Süddeutsche Zeitung

Afghanische Ortskräfte:Die unmögliche Wahl zwischen Leben und Familie

Lesezeit: 2 min

31 Frauen wenden sich in einem Brief aus Afghanistan an die Bundeskanzlerin mit der Bitte, auch ihre Familien zu retten. Unterdessen scheint noch immer nicht klar, wie viele Ortskräfte im Land zurückgelassen wurden.

Von Sara Maria Behbehani, München

"Wie sollen wir wählen zwischen unserem Leben und unserer Freiheit auf der einen Seite und unserer Familie auf der anderen Seite?" Diese Frage richten 31 afghanische Frauen, die als Ortskräfte für die Deutsche Gesellschaft für Internationale Zusammenarbeit (GIZ) gearbeitet haben, in einem Brief an die Bundeskanzlerin, den Außenminister, den Innenminister und den Entwicklungsminister. Ihr Dilemma: Als alleinstehende Frauen haben sie keine Chance, dass mit ihnen auch ihre Familien aus dem Land geholt werden.

Denn die Bundesregierung hat versprochen, afghanische Ortskräfte mit ihren Kernfamilien aufzunehmen: mit Partnern und Kindern also. Solche haben die betroffenen Frauen nicht. Aber, so heißt es in dem Brief, "die Strukturen in afghanischen Familien sind andere als die in deutschen". Sie seien die Ernährer ihrer Familien, ihrer Mütter, Väter, Schwestern, Brüder oder Nichten und Neffen. "Wenn die GIZ mich ohne meine Familie herausholt, dann werden sie Hunger leiden", schreibt eine von ihnen. "Ich kann sie nicht zurücklassen. Aber wenn ich in Afghanistan bleibe, dann begebe ich mich selbst in Gefahr."

Alle zusammen seien sie immer noch weniger als 200 Personen. Die Frauen appellieren nun an das Mitgefühl und die Humanität der Kanzlerin. "Bitte zwingen Sie uns nicht, eine unmögliche Entscheidung zu treffen", schreiben sie.

Die Zahl der zu rettenden Menschen ist noch immer unklar

Unterdessen scheint noch immer nicht klar zu sein, wie viele Ortskräfte Deutschland überhaupt in Afghanistan zurückgelassen hat. Zu ihrer Anzahl etwa im Bereich der Entwicklungszusammenarbeit "können wir uns derzeit aus Sicherheitsgründen nicht äußern", heißt es aus dem Entwicklungsministerium. Und die Zahlen, mit denen operiert wird, geben einige Rätsel auf.
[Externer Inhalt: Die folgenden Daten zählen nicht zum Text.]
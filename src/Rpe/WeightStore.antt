-- ===== src/Rpe/WeightStore.antt =====
-- SynapseDifficultyWeightStoreProtocol of app/rpe/difficulty_store.py: what the gate, the override
-- and the decay may ask of the store of learned weights, and the laws that they rely on. `peek` is
-- what a read would return; it stands in the laws alone.
use cortex_cognitive_runtime.Prelude.{◌≡◌, Option, some}
use cortex_cognitive_runtime.Rpe.Cell.{Cell}

pub record WeightStore (S F : Type 0) : Type 1 where
  pub read_weight : Cell → S → Option F × S
  pub write_weight : Cell → F → S → S
  pub peek : Cell → S → Option F
  pub IsValid : S → Type 0
  -- A read returns what is stored, and no later read sees a difference.
  pub read-value : (c : Cell) (s : S) → (read_weight c s).0 ≡ peek c s
  pub read-keeps : (c j : Cell) (s : S) → IsValid s → peek j (read_weight c s).1 ≡ peek j s
  pub read-IsValid : (c : Cell) (s : S) → IsValid s → IsValid (read_weight c s).1
  -- A write is seen by the next read of the cell.
  pub write-value : (c : Cell) (v : F) (s : S) → IsValid s → peek c (write_weight c v s) ≡ some v
  pub write-IsValid : (c : Cell) (v : F) (s : S) → IsValid s → IsValid (write_weight c v s)
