-- ===== src/Routing/Override.antt =====
-- app/routing/rpe_route_override.py: the learned weight of the cell shifts the path by one band.
pub mod OneBand
use cortex_cognitive_runtime.Prelude.{
  ℕ, ◌+◌, ◌-◌, Bool, true, false, Option, none, some, [], ◌∷◌, ◌++◌, ◌==◌, if◌then◌else◌, String,
  min,
}
use cortex_cognitive_runtime.Float.{Float64, ◌<=?◌, ◌<?◌}
use cortex_cognitive_runtime.Rpe.WeightStore.{WeightStore}
use cortex_cognitive_runtime.Routing.Task.{
  Shift, demote, promote, RouteDecision, TaskContext, rpe_override, cell_of, is_band, band_index,
  band_at,
}

-- `DifficultyRouteOverride.__init__`: the defaults are 0.4 and 0.7.
pub record Thresholds (F : Type 0) : Type 0 where
  pub demote_below : F
  pub promote_at : F

module _ {F : Type 0} ⦃fl : Float64 F⦄ where
  -- The direction and the new index, where the weight is outside the middle band.
  unfoldable pub shift_of : Thresholds F → F → ℕ → Option (Shift × ℕ)
  shift_of h learned idx =
      if learned <? h.demote_below
      then some (demote, idx - 1)
      else if h.promote_at <=? learned
      then some (promote, min 2 (idx + 1))
      else none

  -- The decision with its path moved from `idx`, unless the shift was clamped at an edge.
  unfoldable pub shifted : RouteDecision F → F → Option (Shift × ℕ) → RouteDecision F
  unfolding band_index band_at
  shifted d learned none = d
  shifted d learned (some (direction, new_idx)) =
      if new_idx == band_index d.path then d else record d {
        path = band_at new_idx;
        reason = d.reason ++ rpe_override direction d.path (band_at new_idx) learned ∷ [];
      }

  -- What is made of the value that the store returned; an unlearned cell changes nothing.
  unfoldable pub override_by : Thresholds F → RouteDecision F → Option F → RouteDecision F
  unfolding shift_of shifted band_index
  override_by h d none = d
  override_by h d (some learned) = shifted d learned (shift_of h learned (band_index d.path))

  -- `apply`: the decision, and the store, whose entry a read makes the most recent.
  unfoldable pub apply :
      {S : Type 0} ⦃w : WeightStore S F⦄
      → Thresholds F
      → RouteDecision F
      → TaskContext F
      → Option String
      → S
      → RouteDecision F × S
  unfolding cell_of is_band override_by
  apply ⦃w⦄ h d t session s = elim (cell_of t session) [
    | none ↦ (d, s)
    | some c ↦
        if is_band d.path
        then (override_by h d (w.read_weight c s).0, (w.read_weight c s).1)
        else (d, s)
  ]
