-- ===== src/OrderedDict/Laws.antt =====
-- What can be read from a dictionary after each operation, and that no key is held twice.
use cortex_cognitive_runtime.Prelude.{
  ◌+◌, ◌-◌, ◌≡◌, refl, sym, ◌∙◌, ◌≢◌, none, some, [], ◌∷◌, ◌++◌, arith, length, length-append,
  Option-cases, inl, inr,
}
use cortex_cognitive_runtime.OrderedDict.{OrderedDict, get, set, delete, move_to_end, pop_oldest}

module _ {ℓ} {K V : Type ℓ} where
  pub length-pop_oldest : (d : OrderedDict K V) → length (pop_oldest d) ≡ length d - 1
  unfolding pop_oldest
  length-pop_oldest [] = omega arith
  length-pop_oldest (e ∷ d) = omega arith

module _ {ℓ} {K V : Type ℓ} (dec : Discrete K) where
  -- No key is held twice.
  abbrev pub IsDistinct : OrderedDict K V → Type ℓ
  IsDistinct [] = Unit
  IsDistinct (e ∷ d) = (get dec e.0 d ≡ none) × IsDistinct d

  pub get-set_self : (k : K) (v : V) (d : OrderedDict K V) → get dec k (set dec k v d) ≡ some v
  unfolding get set
  get-set_self k v [] = ground arith
  get-set_self k v (e ∷ d) = ground (arith, get-set_self k v d)

  pub get-set_ne :
      (k j : K) (v : V) (d : OrderedDict K V) → j ≢ k → get dec j (set dec k v d) ≡ get dec j d
  unfolding get set
  get-set_ne k j v [] h = ground arith
  get-set_ne k j v (e ∷ d) h = ground (arith, get-set_ne k j v d h)

  pub get-delete_ne :
      (k j : K) (d : OrderedDict K V) → j ≢ k → get dec j (delete dec k d) ≡ get dec j d
  unfolding get delete
  get-delete_ne k j [] h = refl
  get-delete_ne k j (e ∷ d) h = ground (arith, get-delete_ne k j d h)

  pub get-delete_self :
      (k : K) (d : OrderedDict K V) → IsDistinct d → get dec k (delete dec k d) ≡ none
  unfolding get delete
  get-delete_self k [] h = refl
  get-delete_self k (e ∷ d) h = ground (arith, get-delete_self k d h.1)

  -- An entry at the end is found when no earlier one has its key.
  pub get-append_new :
      (k : K) (v : V) (d : OrderedDict K V)
      → get dec k d ≡ none
      → get dec k (d ++ (k, v) ∷ []) ≡ some v
  unfolding get
  get-append_new k v [] h = ground arith
  get-append_new k v (e ∷ d) h = ground (arith, get-append_new k v d)

  pub get-append_ne :
      (k j : K) (v : V) (d : OrderedDict K V) → j ≢ k → get dec j (d ++ (k, v) ∷ []) ≡ get dec j d
  unfolding get
  get-append_ne k j v [] h = ground arith
  get-append_ne k j v (e ∷ d) h = ground (arith, get-append_ne k j v d h)

  pub set-IsDistinct :
      (k : K) (v : V) (d : OrderedDict K V) → IsDistinct d → IsDistinct (set dec k v d)
  unfolding get set
  set-IsDistinct k v [] h = (refl, tt)
  set-IsDistinct k v (e ∷ d) h = ground (arith, set-IsDistinct k v d h.1, get-set_ne k e.0 v d)

  pub delete-IsDistinct : (k : K) (d : OrderedDict K V) → IsDistinct d → IsDistinct (delete dec k d)
  unfolding get delete
  delete-IsDistinct k [] h = tt
  delete-IsDistinct k (e ∷ d) h = ground (arith, delete-IsDistinct k d h.1, get-delete_ne k e.0 d)

  append-IsDistinct :
      (k : K) (v : V) (d : OrderedDict K V)
      → get dec k d ≡ none
      → IsDistinct d
      → IsDistinct (d ++ (k, v) ∷ [])
  unfolding get
  append-IsDistinct k v [] e h = (refl, tt)
  append-IsDistinct k v (x ∷ d) e h =
      ground (arith, append-IsDistinct k v d, get-append_ne k x.0 v d)

  pub move_to_end-IsDistinct :
      (k : K) (d : OrderedDict K V) → IsDistinct d → IsDistinct (move_to_end dec k d)
  unfolding move_to_end
  move_to_end-IsDistinct k d h = elim (Option-cases (get dec k d)) [
    | inl e ↦ rw (e, move_to_end) h
    | inr (v, e) ↦
        rw (e, move_to_end)
          (append-IsDistinct k v (delete dec k d) (get-delete_self k d h) (delete-IsDistinct k d h))
  ]

  -- Moving an entry changes the order, and nothing that a lookup can see.
  pub get-move_to_end :
      (k j : K) (d : OrderedDict K V) → IsDistinct d → get dec j (move_to_end dec k d) ≡ get dec j d
  unfolding move_to_end
  get-move_to_end k j d h = elim (Option-cases (get dec k d)) [
    | inl e ↦ rw (e, move_to_end) refl
    | inr (v, e) ↦ elim (dec j k) [
      | yes p ↦
          rw (e, move_to_end, p)
            (get-append_new k v (delete dec k d) (get-delete_self k d h) ∙ sym e)
      | no n ↦ rw (e, move_to_end) (get-append_ne k j v (delete dec k d) n ∙ get-delete_ne k j d n)
    ]
  ]

  -- A new key goes to the end.
  pub set_new :
      (k : K) (v : V) (d : OrderedDict K V) → get dec k d ≡ none → set dec k v d ≡ d ++ (k, v) ∷ []
  unfolding get set
  set_new k v [] h = refl
  set_new k v (e ∷ d) h = ground (arith, set_new k v d)

  -- A key just written is the last one after `move_to_end`.
  pub move_to_end-set :
      (k : K) (v : V) (d : OrderedDict K V)
      → move_to_end dec k (set dec k v d) ≡ delete dec k (set dec k v d) ++ (k, v) ∷ []
  unfolding move_to_end
  move_to_end-set k v d = rw (get-set_self k v d, move_to_end) refl

  pub length-set_new :
      (k : K) (v : V) (d : OrderedDict K V)
      → get dec k d ≡ none
      → length (set dec k v d) ≡ length d + 1
  unfolding get set
  length-set_new k v [] h = omega arith
  length-set_new k v (e ∷ d) h = ground (arith, length-set_new k v d)

  pub length-set_old :
      (k : K) (v w : V) (d : OrderedDict K V)
      → get dec k d ≡ some w
      → length (set dec k v d) ≡ length d
  unfolding get set
  length-set_old k v w [] h = cc
  length-set_old k v w (e ∷ d) h = ground (arith, length-set_old k v w d)

  pub length-delete :
      (k : K) (w : V) (d : OrderedDict K V)
      → get dec k d ≡ some w
      → length (delete dec k d) + 1 ≡ length d
  unfolding get delete
  length-delete k w [] h = cc
  length-delete k w (e ∷ d) h = ground (arith, length-delete k w d)

  pub length-move_to_end : (k : K) (d : OrderedDict K V) → length (move_to_end dec k d) ≡ length d
  unfolding move_to_end
  length-move_to_end k d = elim (Option-cases (get dec k d)) [
    | inl e ↦ rw (e, move_to_end) refl
    | inr (v, e) ↦
        rw (e, move_to_end)
          (omega (arith, length-append (delete dec k d) ((k, v) ∷ []), length-delete k v d e))
  ]

  pub pop_oldest-IsDistinct : (d : OrderedDict K V) → IsDistinct d → IsDistinct (pop_oldest d)
  unfolding pop_oldest
  pop_oldest-IsDistinct [] h = tt
  pop_oldest-IsDistinct (e ∷ d) h = h.1

  -- What is left after an eviction is what was there, apart from the evicted key.
  pub get-pop_oldest :
      (k : K) (d : OrderedDict K V) {v : V}
      → IsDistinct d
      → get dec k (pop_oldest d) ≡ some v
      → get dec k d ≡ some v
  unfolding pop_oldest get
  get-pop_oldest k [] h e = cc
  get-pop_oldest k (x ∷ d) h e = ground arith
Denn obwohl das Ziel der Evakuierungsflüge und der Luftbrücke nach Kabul einmal war, möglichst viele Ortskräfte auszufliegen, waren unter den knapp 5000 geretteten Menschen nur 138 Ortskräfte. Dazu muss man sich vergegenwärtigen, dass das Innenministerium bis zum 14. August, also einen Tag vor dem Fall von Kabul, davon ausging, dass es überhaupt nur 174 Ortskräfte für die gesamte Bundesregierung gäbe - mit Familienangehörigen insgesamt 886 Personen. "Das war der Stand zu Beginn der Evakuierungsmission", sagte Steve Alter, Sprecher des Bundesinnenministeriums, am Montag in Berlin.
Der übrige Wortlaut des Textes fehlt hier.